-- ===== src/Master/Allocator.antt =====
-- crates/master/src/allocator.rs: a bump allocator over the mounted segments.
pub mod Claim
pub mod FirstFit
pub mod Bounds
use mooncache.Prelude.{
  ℕ, suc, Bool, false, not, List, [], ◌∷◌, ◌++◌, none, some, leb, eqb, if◌then◌else◌, length,
  get_elem?, set, take, checked_add, saturating_add, Text, text,
}
use mooncache.Common.{CacheResult, ok, err, conflict}

pub record SegmentAllocation : Type 0 where
  pub node_id : Text
  pub offset : ℕ
  pub len : ℕ

pub record MountedSegment : Type 0 where
  pub node_id : Text
  pub len : ℕ
  pub next_offset : ℕ

pub record SegmentAllocator : Type 0 where
  pub segments : List MountedSegment

abbrev pub no_segments : SegmentAllocator
no_segments = record { segments = [] }

abbrev pub mounted : Text → ℕ → MountedSegment
mounted node_id len = record { node_id = node_id; len = len; next_offset = 0 }

-- `SegmentAllocator::mount_segment`: `Vec::push` adds at the end.
unfoldable pub allocator_mount : SegmentAllocator → Text → ℕ → SegmentAllocator
allocator_mount a node_id len = record { segments = a.segments ++ (mounted node_id len ∷ []) }

unfoldable pub can_fit : MountedSegment → ℕ → Bool
can_fit segment object_len = elim (checked_add segment.next_offset object_len) [
  | none ↦ false
  | some next_offset ↦ leb next_offset segment.len
]

-- `enumerate().filter_map(..)`, counting from `index`.
unfoldable pub fitting_indexes : ℕ → ℕ → List MountedSegment → List ℕ
fitting_indexes index len [] = []
fitting_indexes index len (segment ∷ segments) =
    let rest = fitting_indexes (suc index) len segments in
    if can_fit segment len then index ∷ rest else rest

abbrev pub allocation_in : MountedSegment → ℕ → SegmentAllocation
allocation_in segment len = record {
  node_id = segment.node_id;
  offset = segment.next_offset;
  len = len;
}

abbrev pub advanced : MountedSegment → ℕ → MountedSegment
advanced segment len = record segment { next_offset = saturating_add segment.next_offset len }

-- The `for` loop. The source would panic at an index out of range; here the round is left out, and
-- the number of allocations shows that this never happens.
unfoldable pub take_from :
    List ℕ → ℕ → List MountedSegment → List SegmentAllocation × List MountedSegment
take_from [] len segments = ([], segments)
take_from (index ∷ indexes) len segments = elim (get_elem? segments index) [
  | none ↦ take_from indexes len segments
  | some segment ↦
      let (allocations, after) =
        take_from indexes len (set segments index (advanced segment len)) in
      (allocation_in segment len ∷ allocations, after)
]

unfoldable pub allocate :
    SegmentAllocator → ℕ → ℕ → CacheResult (List SegmentAllocation) × SegmentAllocator
allocate a len replica_count =
    if eqb len 0
    then (err (conflict (text "object length must be greater than zero")), a)
    else if eqb replica_count 0
    then (err (conflict (text "replica count must be greater than zero")), a)
    else (let segment_indexes = take replica_count (fitting_indexes 0 len a.segments) in
        if not (eqb (length segment_indexes) replica_count)
        then (err (conflict (text "insufficient mounted segment capacity")), a)
        else (let (allocations, after) = take_from segment_indexes len a.segments in
            (ok allocations, record { segments = after })))
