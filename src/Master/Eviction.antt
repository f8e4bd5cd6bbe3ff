-- ===== src/Master/Eviction.antt =====
-- crates/master/src/eviction.rs
use mooncache.Prelude.{ℕ, Bool, true, false, ◌||◌, not, Option, none, some, ltb, if◌then◌else◌}
use mooncache.Master.Object.{ObjectStatus, committed, CacheObjectMeta}

pub data EvictionCandidateClass : Type 0 where
  normal soft_pinned : EvictionCandidateClass

-- `status == ObjectStatus::Committed`
unfoldable pub is_committed : ObjectStatus → Bool
is_committed committed = true
is_committed _ = false

-- `soft_pinned_until_ms.is_some_and(|expires_at_ms| expires_at_ms > now_ms)`
unfoldable pub soft_pin_active : Option ℕ → ℕ → Bool
soft_pin_active none now_ms = false
soft_pin_active (some expires_at_ms) now_ms = ltb now_ms expires_at_ms

unfoldable pub candidate_class : CacheObjectMeta → Bool → ℕ → Option EvictionCandidateClass
unfolding is_committed soft_pin_active
candidate_class object has_active_lease now_ms =
    if not (is_committed object.status) || has_active_lease || object.hard_pinned
    then none
    else if soft_pin_active object.soft_pinned_until_ms now_ms
    then some soft_pinned
    else some normal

▶ About this exercise: From the entries above, extract each line containing "length".

▶ Task result:
  ℕ, suc, Bool, false, not, List, [], ◌∷◌, ◌++◌, none, some, leb, eqb, if◌then◌else◌, length,
    then (err (conflict (text "object length must be greater than zero")), a)
        if not (eqb (length segment_indexes) replica_count)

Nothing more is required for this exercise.